During a recent walk on the beach not far from her home and studio in Half Moon Bay, designer and artist Kate Miller was struck by the sight of countless fragments of shells at her feet.
“I started thinking about shells and how people appreciate their inherent beauty but don’t give much thought to the whole life cycle of these natural objects—they are essentially abandoned homes and might have a few tenants before they are permanently vacant,” she says. “Then begins a new cycle, one of gradual exposure to the elements as they are broken down into smaller and smaller pieces. To me, this process is as poignant and beautiful as the shell itself.”
The overlooked details in nature—rusted drain pipes, the differing shapes of poppies or the finite life cycle of a seashell—become inspirational fodder for Kate as she envisions new wallpaper and textile designs to create through her company Elworthy Studio.
Kate’s process begins with an idea she’ll transform into sketches, filling up her notebook with ways to adapt the concept into interior décor. She prioritizes editing, and sometimes while working, she’ll keep in mind a quote from renowned mid-century designer Charles Eames: “The details are not the details; they make the design.”
“I spend a lot of time exploring what I want to communicate and the editing process is the most important part,” Kate says. “How do I distill this idea or concept down to its essence?”
Launched in 2015 and named after Kate’s great-grandmother who “spoke her mind, wore what she wanted and was the most energetic 90-plus-year-old I ever encountered,” Elworthy Studio’s wallpaper and fabrics have been installed in homes, hotels and offices across the country. Kate will introduce one large collection per year with four to six designs available in different colors and offered as either fabric or wallpaper.
Wallpaper has undergone a recent resurgence to become an unexpected trend within the design community. “I picked a very good time to become a wallpaper designer,” she reflects. “I’ve seen so many designers pop up. I had a conversation with a local wallpaper installer and she thinks this resurgence is going to be more long-lasting. The reason is technology. Digital printing allows artists to translate ideas into this medium and there’s this ability for unique expression.”
This liberation in wallpaper and textile design has also extended into how Kate chooses to operate Elworthy Studio as a company offering high-quality products that minimize environmental waste. “I want to control the controllables,” she says. Each wallpaper and fabric design is manufactured using eco-friendly raw materials and Kate only works with suppliers who share her commitment to social and environmental responsibility. Every item in the collection is made to order, which limits excess resources, and she encourages customers to send back samples whenever they’re finished so she can recycle or reuse them.
This last year was the first time Kate was able to accomplish a goal she had since Elworthy Studio began—giving back in a direct way.
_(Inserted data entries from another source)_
-- ===== src/Manager/Bird/Write.antt =====
-- src/manager.rs: a generation is written file by file, out of sight of a reader of `current`.
use dn42_autopeer.Base.{
  ◌≡◌, refl, ap, sym, subst, ◌∙◌, List, [], ◌∷◌, ◌++◌, append_assoc, append-nil, Bool, true, false,
  Option, none, some, arith, ◌==◌, nat_eq, text_eq, list_beq, if◌then◌else◌,
}
use dn42_autopeer.Base.Text.{Text, text}
use dn42_autopeer.Error.{PeerError}
use dn42_autopeer.World.Types.{World, Answer, BirdDir, Failure}
use dn42_autopeer.World.Action.{call, settle, advance, answer, for_each}
use dn42_autopeer.World.Triple.{Ends, Triple, Triple-bind, Triple-pure, Triple-after}
use dn42_autopeer.Manager.Bird.Files.{Files, put_file, change_dir, on_dir, write_atomic}
use dn42_autopeer.Manager.Bird.Directory.{
  NoFile, NoDir, put_file-new, put_file-again, drop_file-last, change_dir-first,
}

-- The directory of BIRD is this one.
abbrev pub At : BirdDir → World → Type 0
At bird w = w.bird ≡ bird

-- A property of the directory, whatever the error.
abbrev pub Left : (BirdDir → Type 0) → PeerError → World → Type 0
Left F e w = F w.bird

module _ (F : BirdDir → Type 0) (b b' : BirdDir) (fb : F b) (fb' : F b') where
  settled-At :
      (f : Option Failure) (effect : World → World) (wrap : Failure → PeerError) (w : World)
      → At b w
      → At b' (effect w)
      → Ends (λ _. At b') (Left F) (settle f effect wrap w).0 (settle f effect wrap w).1
  unfolding settle
  settled-At none effect wrap w h k = k
  settled-At (some f) effect wrap w h k = either f.applied
    where
      either : (c : Bool) → F (if c then effect w else w).bird
      either true = subst F (sym k) fb'
      either false = subst F (sym h) fb

  -- A call with an effect on the directory.
  pub bird-call :
      (effect : Answer → World → World) (wrap : Failure → PeerError)
      → ((a : Answer) (w : World) → At b w → At b' (effect a w))
      → Triple (At b) (call effect wrap) (λ _. At b') (Left F)
  unfolding call
  bird-call effect wrap k = record {
    at = λ w h. settled-At (w.answers 0).fault (effect (w.answers 0)) wrap (advance w) h (k _ _ h);
  }

pub bird-answer : (b : BirdDir) (F : BirdDir → Type 0) → Triple (At b) answer (λ _. At b) (Left F)
unfolding answer
bird-answer b F = record { at = λ w h. h }

-- The name does not begin with a dot, as that of a temporary file does.
abbrev pub IsShown : Text → Type 0
IsShown [] = Unit
IsShown (c ∷ rest) = (c == b'.') ≡ false

abbrev pub AreShown : Files → Type 0
AreShown [] = Unit
AreShown (f ∷ files) = IsShown f.0 × AreShown files

shown-NoFile : (rest : Text) (files : Files) → AreShown files → NoFile (b'.' ∷ rest) files
unfolding list_beq
shown-NoFile rest [] h = refl
shown-NoFile rest (([], c) ∷ files) h = ground (arith, shown-NoFile rest files h.1)
shown-NoFile rest ((x ∷ n, c) ∷ files) h = ground (arith, h.0, shown-NoFile rest files h.1)

AreShown-front : (xs ys : Files) → AreShown (xs ++ ys) → AreShown xs
AreShown-front [] ys h = tt
AreShown-front (x ∷ xs) ys h = (h.0, AreShown-front xs ys h.1)

-- No file has the name of one before it.
abbrev pub AreDistinct : Files → Files → Type 0
AreDistinct written [] = Unit
AreDistinct written (f ∷ todo) = NoFile f.0 written × AreDistinct (written ++ f ∷ []) todo

-- A generation that is being written in front of the others.
module _ (name : Text) (gens : List (Text × Files)) (cur : Option Text) (fresh : NoDir name gens)
    (F : BirdDir → Type 0) where
  abbrev pub stage : Files → BirdDir
  stage files = record { generations = (name, files) ∷ gens; current = cur }

  on_stage :
      (f : Files → Files) (files files' : Files) (w : World)
      → f files ≡ files'
      → At (stage files) w
      → At (stage files') (on_dir name f w)
  on_stage f files files' w e h =
      ap
        (λ (b : BirdDir). record {
          generations = change_dir name f b.generations;
          current = b.current;
        })
        h
      ∙ ap (λ g. record { generations = g; current = cur })
          (change_dir-first name f files gens fresh ∙ ap (λ (x : Files). (name, x) ∷ gens) e)

  module _ (hidden : (files : Files) → F (stage files)) where
    idle :
        (files : Files) (wrap : Failure → PeerError)
        → Triple (At (stage files)) (call (λ a w. w) wrap) (λ _. At (stage files)) (Left F)
    idle files wrap =
        bird-call F (stage files) (stage files) (hidden files) (hidden files) _ _ (λ a w h. h)

    change :
        (f : Files → Files) (files files' : Files) (wrap : Failure → PeerError)
        → f files ≡ files'
        → Triple
            (At (stage files))
            (call (λ a w. on_dir name f w) wrap)
            (λ _. At (stage files'))
            (Left F)
    change f files files' wrap e =
        bird-call F (stage files) (stage files') (hidden files) (hidden files') _ _
          (λ a w h. on_stage f files files' w e h)

    -- A file that is written appears behind the others.
    pub write_atomic-At :
        (path file content : Text) (files : Files)
        → AreShown files
        → NoFile file files
        → Triple
            (At (stage files))
            (write_atomic path name file content)
            (λ _. At (stage (files ++ (file, content) ∷ [])))
            (Left F)
    unfolding write_atomic text
    write_atomic-At path file content files shown none_yet = Triple-bind _ _ (bird-answer _ F) λ a.
        let dotted : (rest : Text) → NoFile (b'.' ∷ rest) files =
          λ rest. shown-NoFile rest files shown in
        Triple-bind _ _ (idle files _) λ _.
          Triple-bind _ _ (change _ files _ _ (put_file-new _ [] files (dotted _))) λ _.
            Triple-bind _ _ (change _ _ _ _ (put_file-again _ [] content files (dotted _))) λ _.
              Triple-bind _ _ (idle _ _) λ _. Triple-bind _ _ (idle _ _) λ _.
                Triple-bind _ _ (idle _ _) λ _. change _ _ _ _ (
                  ap (put_file file content) (drop_file-last _ content files (dotted _))
                  ∙ put_file-new file content files none_yet)

    -- The loop over the files writes all of them, in their order.
    pub write_all-At :
        (path : Text) (written todo : Files)
        → AreShown (written ++ todo)
        → AreDistinct written todo
        → Triple
            (At (stage written))
            (for_each (λ (file : Text × Text). write_atomic path name file.0 file.1) todo)
            (λ _. At (stage (written ++ todo)))
            (Left F)
    unfolding for_each
    write_all-At path written [] shown distinct =
        Triple-pure tt (λ w h. h ∙ ap stage (sym (append-nil written)))
    write_all-At path written ((file, content) ∷ todo) shown distinct =
        Triple-bind _ _
          (write_atomic-At path file content written (AreShown-front written _ shown) distinct.0)
          λ _.
            Triple-after _ _ (λ _ w h. h ∙ ap stage (append_assoc written _ todo))
              (write_all-At path (written ++ (file, content) ∷ []) todo
                (subst AreShown (sym (append_assoc written _ todo)) shown) distinct.1)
When she finished the year with a little profit, she donated a percentage to two environmental organizations that manage carbon offsetting projects: CoolEffect and Wildlife Works.
Kate was living in San Francisco when she founded Elworthy Studio, but she and her husband have since relocated to Half Moon Bay. The scenery change has been beneficial in multiple ways; she’s able to frequently take her toddler daughter to the beach and being engulfed by nature has led to a bevy of ideas, such as her exploration into the relationships between nature and urban environments.
“When I took myself out of the urban setting, I felt this sense of space and landscape,” Kate says. “There’s still this amazing juxtaposition of forces in the coastal Californian landscape. I’ll walk outside of my house and it can be serene and calm and other days it’s intense and wild.”
This juxtaposition led to a collection of wallpapers and fabrics she calls Native. One of the designs, Botanica, was inspired by abstract shapes of poppy petals. Her process of creation entailed using one hand to dip her artist blade in ink to create petal shapes on paper, while her other hand sprayed the shape with water so that she could observe how water and ink interacted.
Kate accumulated 20 design concepts for her Native collection but only needed a few so she enlisted the help of her then-newborn daughter. “I made black and white flashcards with simple sketches of poppies, rock shapes and succulents, and then showed them to her. She would kind of stare at them but if she stared longer, I thought, ‘Okay, she must have liked this one,’” Kate recalls. “The poppies were definitely her favorite. She was just a few days old but was already part of my design process.”